初心者の方は特に、どのようなオブジェクトがあるのか、どのようなHAVEとDOが定義されているのかをみるようにしてください。
そして、自分の作りたいアプリケーションを0から設計してみるのが非常に良いと思います。
それを行う理由は、以下の通りです。
- モチベーションが高く取り組めるし、愛着が湧く
- わかったつもりになっているところが明確になる
- 設計の考え方が身につく
オブジェクト指向脳の考え方ができれば、設計も同じような頭の使い方をすれば良いので、非常に効率よく成長することができます。
オブジェクト指向のデザインパターンを使ってみる(中級)
みなさんは、「オブジェクト指向のデザインパターン」というのを聞いたことがありますでしょうか?
正直、自分は社会人一年目では全く知りませんでした。
実際に、オブジェクト指向でプログラムを書こうとしたときに、以下のような悩みが出てくるかと思います。
- ポリモーフィズムって実際どうやって使うのか…
- 継承ってこの使い方で合っているのか…
- いろんなオブジェクトを定義してごちゃごちゃになっている
- 複数のオブジェクトを関連させたいけど、どうしたら良いか…
要するに、
「オブジェクト指向をどうやって使ってコーディングしていいかわからない。」
ということです。
基礎文法の知識が身につくと、誰しもがぶち当たる壁かと思います。
この悩みを抱えたら、手にして欲しい本がこちらです。
正直、この本を読んだ後、確実にレベルアップします。
なぜなら、このオブジェクト指向のデザインパターンは、言って仕舞えば先人の天才たちの知恵袋です。

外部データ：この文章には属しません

-- ===== src/Messages/Quiet.antt =====
-- src/core/message_aggregator.py: the aggregator without stream deltas.
use claude_code_manager.Base.{
  ℕ, suc, ◌≡◌, refl, ap, Bool, true, false, not, ◌&&◌, Option, none, some, List, [], ◌∷◌, ◌++◌, inl,
  inr, Bool-cases, is_empty, Text,
}
use claude_code_manager.Messages.Events.{
  Value, Block, text_block, thinking_block, tool_use_block, exit_plan_mode, tool_result_block,
  other_block,
}
use claude_code_manager.Messages.Notices.{Note, simple_handler}
use claude_code_manager.Messages.Aggregator.{
  Method, Aggregator, Delta, message, stream, Event, EventId, Kind, pending_draft_message,
  is_pending, flush_to_message_delta, stream_delta, buffer_tool, attach_tool_output, set, yield,
  Message, ◌then_do◌,
}
use claude_code_manager.Messages.Feeding.{
  feed, feed_all, feed_at, feed_kind, feed_user, feed_tool_result, feed_assistant, exit_plan,
  exit_plans, buffer_tools, attach_results, name_draft, begin_assistant, keep_thinking, add_text,
  gather, say, use_tool, think, finish_tool, longer, wiser, flush_before_text, yield_note,
}

-- The finalized messages among the deltas.
abbrev pub committed : List Delta → List Delta
committed [] = []
committed (message m ∷ ds) = message m ∷ committed ds
committed (stream m ∷ ds) = committed ds

abbrev pub quiet : Aggregator → Aggregator
quiet a = record a { emit_stream_deltas = false }

-- The method does on a quiet aggregator what it does on this one, but for the stream deltas.
abbrev pub IsQuiet : Method → Type 0
IsQuiet m = (a : Aggregator) → m (quiet a) ≡ (quiet (m a).0, committed (m a).1)

committed-append : (ds es : List Delta) → committed (ds ++ es) ≡ committed ds ++ committed es
committed-append [] es = refl
committed-append (message m ∷ ds) es = ap (◌∷◌ (message m)) (committed-append ds es)
committed-append (stream m ∷ ds) es = committed-append ds es

then_do-IsQuiet : (m n : Method) → IsQuiet m → IsQuiet n → IsQuiet (m then_do n)
unfolding ◌then_do◌
then_do-IsQuiet m n hm hn a = rw (hm a, hn (m a).0, committed-append (m a).1 (n (m a).0).1) refl

set-IsQuiet :
    (f : Aggregator → Aggregator) → ((a : Aggregator) → f (quiet a) ≡ quiet (f a)) → IsQuiet (set f)
unfolding set
set-IsQuiet f h a = rw (h a) refl

yield-IsQuiet : (m : Message) → IsQuiet (yield m)
unfolding yield
yield-IsQuiet m a = refl

flush-IsQuiet : IsQuiet flush_to_message_delta
unfolding flush_to_message_delta pending_draft_message
flush-IsQuiet a = elim (Bool-cases (is_pending a)) [
  | inl p ↦ rw (p, flush_to_message_delta) refl
  | inr p ↦ rw (p, flush_to_message_delta) refl
]

stream_delta-IsQuiet : IsQuiet stream_delta
unfolding stream_delta pending_draft_message
stream_delta-IsQuiet a = elim (Bool-cases a.emit_stream_deltas) [
  | inl e ↦ elim (Bool-cases (is_pending a)) [ inl p ↦ rw (e, p) refl | inr p ↦ rw (e, p) refl ]
  | inr e ↦ rw e refl
]

exit_plan-IsQuiet :
    (plan : Text) (idx : ℕ) (id : EventId) (ts : Option ℕ) → IsQuiet (exit_plan plan idx id ts)
unfolding exit_plan
exit_plan-IsQuiet [] idx id ts a = elim (Bool-cases (is_empty a.assistant_buf)) [
  | inl p ↦ rw p refl
  | inr p ↦ rw p refl
]
exit_plan-IsQuiet (c ∷ plan) idx id ts a = then_do-IsQuiet _ _ flush-IsQuiet (yield-IsQuiet _) a

exit_plans-IsQuiet :
    (bs : List Block) (idx : ℕ) (id : EventId) (ts : Option ℕ) → IsQuiet (exit_plans bs idx id ts)
unfolding exit_plans
exit_plans-IsQuiet [] idx id ts a = refl
exit_plans-IsQuiet (exit_plan_mode plan ∷ bs) idx id ts a =
    then_do-IsQuiet _ _ (exit_plan-IsQuiet plan idx id ts) (exit_plans-IsQuiet bs idx id ts) a
exit_plans-IsQuiet (text_block t ∷ bs) idx id ts a = exit_plans-IsQuiet bs idx id ts a
exit_plans-IsQuiet (thinking_block t ∷ bs) idx id ts a = exit_plans-IsQuiet bs idx id ts a
exit_plans-IsQuiet (tool_use_block n i ∷ bs) idx id ts a = exit_plans-IsQuiet bs idx id ts a
exit_plans-IsQuiet (tool_result_block o e ∷ bs) idx id ts a = exit_plans-IsQuiet bs idx id ts a
exit_plans-IsQuiet (other_block ∷ bs) idx id ts a = exit_plans-IsQuiet bs idx id ts a

buffer_tools-quiet :
    (bs : List Block) (a : Aggregator) → buffer_tools bs (quiet a) ≡ quiet (buffer_tools bs a)
unfolding buffer_tools buffer_tool
buffer_tools-quiet [] a = refl
buffer_tools-quiet (tool_use_block n i ∷ bs) a = buffer_tools-quiet bs (buffer_tool n i a)
buffer_tools-quiet (text_block t ∷ bs) a = buffer_tools-quiet bs a
buffer_tools-quiet (thinking_block t ∷ bs) a = buffer_tools-quiet bs a
buffer_tools-quiet (exit_plan_mode plan ∷ bs) a = buffer_tools-quiet bs a
buffer_tools-quiet (tool_result_block o e ∷ bs) a = buffer_tools-quiet bs a
buffer_tools-quiet (other_block ∷ bs) a = buffer_tools-quiet bs a

attach_results-quiet :
    (bs : List Block) (a : Aggregator) → attach_results bs (quiet a) ≡ quiet (attach_results bs a)
unfolding attach_results attach_tool_output
attach_results-quiet [] a = refl
attach_results-quiet (tool_result_block o e ∷ bs) a =
    attach_results-quiet bs (attach_tool_output o e a)
attach_results-quiet (text_block t ∷ bs) a = attach_results-quiet bs a
attach_results-quiet (thinking_block t ∷ bs) a = attach_results-quiet bs a
attach_results-quiet (exit_plan_mode plan ∷ bs) a = attach_results-quiet bs a
attach_results-quiet (tool_use_block n i ∷ bs) a = attach_results-quiet bs a
attach_results-quiet (other_block ∷ bs) a = attach_results-quiet bs a

name_draft-quiet :
    (id : EventId) (a : Aggregator) → name_draft id (quiet a) ≡ quiet (name_draft id a)
name_draft-quiet id a = elim (Bool-cases (is_pending a)) [ inl p ↦ rw p refl | inr p ↦ rw p refl ]

flush_before_text-IsQuiet : (said : Text) (ts : Option ℕ) → IsQuiet (flush_before_text said ts)
unfolding flush_before_text
flush_before_text-IsQuiet said ts a =
    elim (Bool-cases (not (is_empty said) && not (is_empty a.assistant_buf))) [
      | inl p ↦ rw p (then_do-IsQuiet _ _ flush-IsQuiet (set-IsQuiet _ (λ b. refl)) a)
      | inr p ↦ rw p refl
    ]

gather-IsQuiet :
    (bs : List Block) (idx : ℕ) (id : EventId) (ts : Option ℕ) → IsQuiet (gather bs idx id ts)
unfolding gather begin_assistant keep_thinking
gather-IsQuiet bs idx id ts =
    then_do-IsQuiet _ (set (keep_thinking bs))
      (then_do-IsQuiet _ (set (buffer_tools bs))
        (then_do-IsQuiet (set (begin_assistant idx ts)) (exit_plans bs idx id ts)
          (set-IsQuiet (begin_assistant idx ts) (λ a. refl)) (exit_plans-IsQuiet bs idx id ts))
        (set-IsQuiet (buffer_tools bs) (buffer_tools-quiet bs)))
      (set-IsQuiet (keep_thinking bs) (λ a. refl))

say-IsQuiet : (said : Text) (id : EventId) (ts : Option ℕ) → IsQuiet (say said id ts)
unfolding say add_text
say-IsQuiet said id ts =
    then_do-IsQuiet (flush_before_text said ts) (set (add_text said id))
      (flush_before_text-IsQuiet said ts)
      (set-IsQuiet (add_text said id) (λ a. name_draft-quiet id (longer said a)))

feed_assistant-IsQuiet :
    (bs : List Block) (idx : ℕ) (id : EventId) (ts : Option ℕ)
    → IsQuiet (feed_assistant bs idx id ts)
unfolding feed_assistant
feed_assistant-IsQuiet bs idx id ts =
    then_do-IsQuiet _ stream_delta
      (then_do-IsQuiet _ _ (gather-IsQuiet bs idx id ts) (say-IsQuiet _ id ts)) stream_delta-IsQuiet

yield_note-IsQuiet :
    (n : Option Note) (idx : ℕ) (id : EventId) (ts : Option ℕ) → IsQuiet (yield_note n idx id ts)
unfolding yield_note yield
yield_note-IsQuiet none idx id ts a = refl
yield_note-IsQuiet (some n) idx id ts a = refl

feed_tool_result-IsQuiet : (o : Value) (e : Bool) (idx : ℕ) → IsQuiet (feed_tool_result o e idx)
unfolding feed_tool_result finish_tool attach_tool_output
feed_tool_result-IsQuiet o e idx a = elim (Bool-cases (is_empty a.tools_buf)) [
  | inl p ↦ rw p refl
  | inr p ↦ rw p (then_do-IsQuiet _ _ (set-IsQuiet _ (λ b. refl)) stream_delta-IsQuiet a)
]

feed_kind-IsQuiet :
    (k : Kind) (idx : ℕ) (id : EventId) (ts : Option ℕ) → IsQuiet (feed_kind k idx id ts)
unfolding feed_kind feed_user use_tool buffer_tool think
feed_kind-IsQuiet (Kind.user c us v) idx id ts = then_do-IsQuiet _ _ flush-IsQuiet (yield-IsQuiet _)
feed_kind-IsQuiet (Kind.tool_results bs) idx id ts =
    then_do-IsQuiet _ _ (set-IsQuiet _ (attach_results-quiet bs)) stream_delta-IsQuiet
feed_kind-IsQuiet (Kind.assistant bs) idx id ts = feed_assistant-IsQuiet bs idx id ts
feed_kind-IsQuiet (Kind.tool_use n i) idx id ts =
    then_do-IsQuiet _ _ (set-IsQuiet _ (λ a. refl)) stream_delta-IsQuiet
feed_kind-IsQuiet (Kind.tool_result o e) idx id ts = feed_tool_result-IsQuiet o e idx
feed_kind-IsQuiet (Kind.thinking t) idx id ts =
    then_do-IsQuiet _ _ (set-IsQuiet _ (λ a. name_draft-quiet id (wiser t idx ts a)))
      stream_delta-IsQuiet
feed_kind-IsQuiet (Kind.simple s) idx id ts =
    then_do-IsQuiet _ _ flush-IsQuiet (yield_note-IsQuiet (simple_handler s) idx id _)
feed_kind-IsQuiet (Kind.system true c) idx id ts =
    then_do-IsQuiet _ _ flush-IsQuiet (yield_note-IsQuiet (some _) idx id ts)
feed_kind-IsQuiet (Kind.system false c) idx id ts = set-IsQuiet _ (λ a. refl)
feed_kind-IsQuiet (Kind.untyped s) idx id ts = set-IsQuiet _ (λ a. refl)
feed_kind-IsQuiet Kind.unknown idx id ts = set-IsQuiet _ (λ a. refl)

feed-IsQuiet : (ev : Event) → IsQuiet (feed ev)
unfolding feed feed_at
feed-IsQuiet ev a =
    feed_kind-IsQuiet ev.kind _ _ ev.timestamp (record a { processed = suc a.processed })

-- An aggregator that is told to leave out the stream deltas yields, for any events, the same
-- messages as one in the same state that is not, and comes to the same state.
pub feed_all-quiet :
    (evs : List Event) (a : Aggregator)
    → feed_all evs (quiet a) ≡ (quiet (feed_all evs a).0, committed (feed_all evs a).1)
unfolding feed_all
feed_all-quiet [] a = refl
feed_all-quiet (ev ∷ evs) a =
    then_do-IsQuiet (feed ev) (feed_all evs) (feed-IsQuiet ev) (feed_all-quiet evs) a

オブジェクト指向のうまい使い方がテンプレートとして集約されています。
実際に、標準ライブラリのコードの中身を見ると、これらのデザインパターンが多く使われています。
全てのパターンを暗記する必要はないですが…いくつか実際にコーディングして動かしてみると、とても良いと思います。
最後に、そちらの本にも書いてあるオブジェクト指向プログラミングをする上でのあり方について触れたいと思います。
そレは、映画監督 もしくは 世界の神様になることです。
映画監督は、舞台の俳優さんを選んでセリフを決めます。
神様は、人や動物、自然などを想像して役割を与えます。
これらと同様に、プログラミングの世界も好きなものを想像し、好きな役割を与えることができます。
これが、オブジェクトを定義し、特徴(HAVE)や機能(DO)を与えることなのです。
オブジェクト指向を身につけて、自分の世界を作ることを楽しんでもらえると良いなと思っています。
好評であれば、オブジェクト指向の実際のコーディングの基礎知識についても記事にできればお思いますので、ご期待ください。